Kibloo - 28-11-2009, 11:40
u mnie niedawno 200000km... zero problemów, żadnego przegrzewania a na autostradkach dostawał ostro, teren na reduktorze ko kilkanascie km w upale...
nie panikujta
namotore - 28-11-2009, 17:29
jedyna bezusterkowa ela w PL? u mnie trzy razy mniej km a co 2tyg cos i serwis hehe
Anonymous - 28-11-2009, 20:13
jak wiadomo sa 3 prawdy
1.cala prawda
2.połprawda
3.g... prawda
a w przypadku elżbietek jest tylko jedna-im auto wiecej jezdzi tym mniej sie psuje-udowodnione
pablol200 2009 - 28-11-2009, 22:01
namotore napisał/a: | jedyna bezusterkowa ela w PL? u mnie trzy razy mniej km a co 2tyg cos i serwis hehe | współczuje miałem podobną sytuację z renault. Dużo kosztowało i się ciągle psuło. Wiem jedno, jest to mój 3 japoniec i nic się nie psuje. Jak to mówi mój kolega: "nic nie puka, nic nie się nie dzieje tylko radio masz za cicho". Pamiętajcie to jest tylko auto! Ma jeździć!
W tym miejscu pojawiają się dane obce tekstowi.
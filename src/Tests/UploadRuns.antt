-- ===== src/Tests/UploadRuns.antt =====
-- The theorems on texts, endpoints and uploads at concrete inputs.
use nova_codex_bootstrap.Prelude.{
  ◌≤◌, ◌≡◌, ◌≢◌, ◌↔◌, Bool, true, refl, len, false, [], ◌∷◌, some, arith, eq_iff,
}
use nova_codex_bootstrap.Protocol.Metadata.{HerdrMetadata, trimmed, shrink_until_fits, normalized}
use nova_codex_bootstrap.Protocol.Metadata.Budget.{normalized_fits}
use nova_codex_bootstrap.Protocol.Event.{HostEvent, event_source, source_codex, test_notification}
use nova_codex_bootstrap.Config.Endpoint.{Url, parse_notification_endpoint}
use nova_codex_bootstrap.Upload.Request.{decoded, build_request, upload_to_backend}
use nova_codex_bootstrap.Upload.Request.Outcome.{Ends, upload_to_backend-Ends}
use nova_codex_bootstrap.Upload.Loop.{World, stuck, upload_due}
use nova_codex_bootstrap.Upload.Loop.Progress.{IsTaken, upload_due_ends, upload_codex}
use nova_codex_bootstrap.Tests.Json.{json, json-IsJson}
use nova_codex_bootstrap.Tests.Data.{
  net, server, codex_row, herdr_row, two_events, config, no_requests,
}

abbrev metadata : HerdrMetadata
metadata = record {
  session_name = "default";
  workspace_id = "workspace";
  agent_status = "blocked";
  agent = "codex";
  title =
      "<<<<<<<<<<<<<<<<<<<<<<<<<<<<<<<<<<<<<<<<<<<<<<<<<<<<<<<<<<<<<<<<<<<<<<<<<<<<<<<<<<<<<<<<<<<<<<<<<<<<<<<<<<<<<<<<<<<<<<<<<<<<<<<<<<<<<<<<<<<<<<<<<<<<<<<<<<<<<<<<<<<<<<<<<<<<<<<<<<<<<<<<<<<<<<<<<<<<<<<<<<<<<<<<<<<<<<<<<<<<<<<<<<<<<<<<<<<<<<<<<<<<<<<<<<";
  display_agent = "Codex";
  state_labels = ("blocked", "needs you") ∷ [];
}

normalized_fits_example :
    (shrink_until_fits json 10 (trimmed json metadata) ≡ some (normalized json metadata))
    × (len (json.marshal_metadata (normalized json metadata)) ≤ 1200)
normalized_fits_example = normalized_fits json json-IsJson metadata

abbrev pub host_url : Url
host_url = record {
  scheme = "https";
  host = "host";
  hostname = "host";
  path = "";
  fragment = "";
  has_user = false;
}

parses : parse_notification_endpoint net "host" ≡ some host_url
unfolding parse_notification_endpoint
parses = refl

upload_to_backend-Ends_example :
    Ends 2 herdr_row.event_id no_requests
      (upload_to_backend (server (some 400)) 2 herdr_row config no_requests)
upload_to_backend-Ends_example =
    upload_to_backend-Ends (server (some 400)) (λ e. refl) herdr_row config no_requests

abbrev world : World HostEvent
world = record { queue = two_events; trace = no_requests }

upload_due_ends_example :
    (upload_due (server (some 202)) (λ n. false) (λ n. config) 3 0 world).0 ≢ stuck
upload_due_ends_example =
    upload_due_ends (server (some 202)) (λ e. refl) (λ n. false) (λ n. config) 3 0 world
      (omega arith)

codex_source : event_source (decoded (server (some 503)) codex_row.body) ≡ source_codex
unfolding event_source
codex_source = refl

no_test : codex_row.body.event_type ≢ test_notification
no_test e = let equal = (eq_iff codex_row.body.event_type test_notification).1 e in cc equal

upload_codex_example :
    let env = server (some 503) in
    let request = build_request env codex_row config host_url (env.clock 0) in
    (accept : Bool) × (upload_to_backend env 2 codex_row config no_requests
      ≡ some (accept, record { sent = request ∷ []; readings = 1 }))
    × ((accept ≡ true) ↔ IsTaken (env.respond 0 request))
upload_codex_example =
    upload_codex (server (some 503)) 1 codex_row config no_requests host_url codex_source refl
      no_test parses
namotore - 28-11-2009, 22:18
słoń napisał/a: |
a w przypadku elżbietek jest tylko jedna-im auto wiecej jezdzi tym mniej sie psuje-udowodnione |
ok na noc bede zostawial Elke na rolkach
p.s. u mnie tez nic sie nie przegrzewa ale powyzej 140km/h dluzej niz 5min nie praktykuje, w miescie korki zdarzaja sie b.czesto. Chlodnice myje nie z zalecen MMP tylko z obserwacji zasyfienia po przeprawach krajowych warto w ciagu lata raz-dwa razy psiknac i dziala ! pozdrowionka dla uzytkownikow bezawaryjnych Elzbietek
jacek z płocka - 29-11-2009, 16:40
Niemożliwe, ze sprawną pompą wody i resztą wskazówka nie powinna ani drgnąć. Ja swoją w lecie (temp. 30 - 32 st.) na dystansie 550 km holowałem przyczepę typ niewiadów 2 osie masa całkowita była 2200 kg (660 kg przyczepa + 1600 kg -towar). Na pace ze 300 kg. I to w Bieszczady - wieś Polana. Z hamulców na zjazdach aż śmierdziało (oszczędzałam automat).
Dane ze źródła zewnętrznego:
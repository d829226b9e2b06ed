-- ===== src/Tests/QueueRuns.antt =====
-- The theorems on the queue of notifications/internal/agent/queue.go at concrete queues.
use nova_codex_bootstrap.Prelude.{
  List, any, ◌≡◌, ◌≢◌, refl, String, false, [], ◌∷◌, select, none, some, arith, eq_iff, inl, inr,
  leb,
}
use nova_codex_bootstrap.Sql.{delete, order_by}
use nova_codex_bootstrap.Protocol.Event.{HostEvent}
use nova_codex_bootstrap.Queue.Rows.{
  Row, Queue, is_codex, insert_or_ignore, new_row, enqueue, next, configure_backend,
}
use nova_codex_bootstrap.Queue.Bounds.{IsBounded, enqueue-IsBounded}
use nova_codex_bootstrap.Queue.Invariant.{enqueues, run}
use nova_codex_bootstrap.Queue.Eviction.{enqueue-keeps_codex}
use nova_codex_bootstrap.Queue.Delivery.{IsChosen, next-IsChosen, next_alternates}
use nova_codex_bootstrap.Queue.Backend.{
  Refiled, configure_all, last_of, configure_backend-assigns, switch_and_back,
}
use nova_codex_bootstrap.Queue.Stranded.{FilesUnder, next-stranded}
use nova_codex_bootstrap.Queue.Opening.{
  Events, Tables, created, add_columns, open_queue, migrate_tables, queue_on, events_of,
  open_queue-assigns,
}
use nova_codex_bootstrap.Herdr.Setup.{new_queue}
use nova_codex_bootstrap.Config.Endpoint.{parse_notification_endpoint, trim_slashes}
use nova_codex_bootstrap.Tests.UploadRuns.{host_url}
use nova_codex_bootstrap.Tests.Data.{
  go, codex_event, herdr_event, codex_row, herdr_row, empty_queue, two_events, net, codec,
}

enqueue-keeps_codex_example :
    select is_codex (enqueue go some empty_queue "c1" codex_event 900).pending
    ≡ select is_codex (
        delete
          (λ r. leb r.expires_at 900)
          (insert_or_ignore (new_row go some empty_queue "c1" codex_event 900) empty_queue.pending))
enqueue-keeps_codex_example =
    enqueue-keeps_codex go some empty_queue "c1" codex_event 900 (λ key. omega arith) (ground arith)

enqueue-IsBounded_example :
    IsBounded
      (new_row go some two_events "h2" herdr_event 960).session_id
      (enqueue go some two_events "h2" herdr_event 960).pending
enqueue-IsBounded_example = enqueue-IsBounded go some two_events "h2" herdr_event 960

chosen_first : (next two_events 1000 "").0 ≡ some herdr_row
unfolding next order_by
chosen_first = refl

next-IsChosen_example :
    IsChosen two_events 1000 "" herdr_row
    × ((next two_events 1000 "").1 ≡ record two_events {
      pending = delete (λ s. leb s.expires_at 1000) two_events.pending;
      last_source = herdr_row.source;
    })
next-IsChosen_example = next-IsChosen two_events 1000 "" herdr_row chosen_first

none_early : (next two_events 800 "").0 ≡ none
unfolding next order_by
none_early = refl

-- A second Herdr event, which is newer.
abbrev later_row : Row HostEvent
later_row = record herdr_row { event_id = "h2"; created_at = 960 }

abbrev three_events : Queue HostEvent
three_events = record two_events { pending = codex_row ∷ herdr_row ∷ later_row ∷ [] }

chosen_of_three : (next three_events 1000 "").0 ≡ some herdr_row
unfolding next order_by
chosen_of_three = refl

later_ne : ¬ (later_row.source ≡ three_events.last_source)
later_ne e = let equal = (eq_iff later_row.source three_events.last_source).1 e in cc equal

next_alternates_example : herdr_row.source ≢ three_events.last_source
next_alternates_example =
    next_alternates three_events 1000 "" herdr_row later_row chosen_of_three (inr (inr (inl refl)))
      later_ne

abbrev host : String
host = "host"

host_ne : host ≢ ""
host_ne e = let equal = (eq_iff host "").1 e in cc equal

-- An event that an earlier version of the agent queued.
abbrev legacy_row : Row HostEvent
legacy_row = record codex_row { event_id = "c0"; backend = "" }

abbrev legacy_queue : Queue HostEvent
legacy_queue = record two_events {
  pending = legacy_row ∷ two_events.pending;
  endpoint = some "host";
}

configure_backend-assigns_example :
    (rows : List (Row HostEvent)) × Refiled "host" legacy_queue.pending rows
    × (configure_all legacy_queue ("other" ∷ "third" ∷ [])
        ≡ record legacy_queue { pending = rows; endpoint = some (last_of "other" ("third" ∷ [])) })
configure_backend-assigns_example =
    configure_backend-assigns legacy_queue "other" "host" ("third" ∷ []) (inl refl) host_ne

abbrev one_event : Queue HostEvent
one_event = record empty_queue { pending = codex_row ∷ [] }

switch_and_back_example : configure_backend (configure_backend one_event "other") "host" ≡ one_event
switch_and_back_example = switch_and_back one_event "host" "other" refl refl

-- The text "host" is the URL "https://host".
next-stranded_example :
    (next
      (run go codec.unmarshal
        (configure_backend empty_queue "https://host")
        (enqueues "c1" codex_event 900 ∷ []))
      1000
      (trim_slashes "host")).0
    ≡ none
unfolding parse_notification_endpoint trim_slashes
next-stranded_example =
    next-stranded go codec.unmarshal net "host" host_url empty_queue
      (configure_backend empty_queue "https://host") (enqueues "c1" codex_event 900 ∷ []) 1000 refl
      (λ e. let equal = (eq_iff "host" "").1 e in cc equal)
      (λ e. let equal = (eq_iff "host" "https://host").1 e in cc equal) refl refl refl

-- A database of an agent that knew neither backends nor Herdr.
abbrev legacy_events : Events HostEvent
legacy_events = record {
  columns = record { backend = false; source = false; session_id = false; pane_id = false };
  rows = codex_row ∷ [];
}

abbrev legacy_tables : Tables HostEvent
legacy_tables = record {
  pending = some legacy_events;
  backend = none;
  bindings = none;
  panes = none;
  adapter = none;
}

open_queue-assigns_example :
    FilesUnder "host" (configure_backend (open_queue legacy_tables) "host")
    × (events_of (configure_backend (open_queue legacy_tables) "host").pending
        ≡ events_of legacy_events.rows)
    × ((configure_backend (open_queue legacy_tables) "host").capture
        ≡ any (λ b. b.enabled) (created [] legacy_tables.bindings))
open_queue-assigns_example =
    open_queue-assigns legacy_tables legacy_events "host" refl refl refl refl

-- A new database.
opens_empty :
    open_queue
      (record { pending = none; backend = none; bindings = none; panes = none; adapter = none })
    ≡ new_queue {Body = HostEvent}
unfolding open_queue migrate_tables queue_on add_columns
opens_empty = refl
A jeśli chodzi o chłodnice to warto kercherkiem przepłukać bo mamy w kraju dużo latających robali. Pozdr
Matins - 01-12-2009, 00:15
Gdy jeżdżę do Francji to grzeję na autobahnie ile się da, 150, 160 a i licznik zdarza się zamknąć, spalanie około 14l, z resztą, szczerze mówiąc wolę nie patrzeć.
Pierwszy raz gdy się puściłem to dopiero pod Koln mnie wyprzedził Porche ale przeważnie jeżdżę w nocy więc mały ruch.
Zatrzymuje się tylko na tankowanie i nigdy nie miałem kłopotów z przegrzanym silnikiem, a jak jeszcze tutaj czytam straszenia, że uszczelka pod głowicą już dawno powinna być wydmuchana to chyba nie powiem już złego słowa na L200.
Zwłaszcza czytając fora Nissana na temat QQ nad którym myślałem jak o 2 samochodzie do miasta.
Chyba jednak Lancer wygra, zwłaszcza że to Japończyk a nie Thai czy Turek.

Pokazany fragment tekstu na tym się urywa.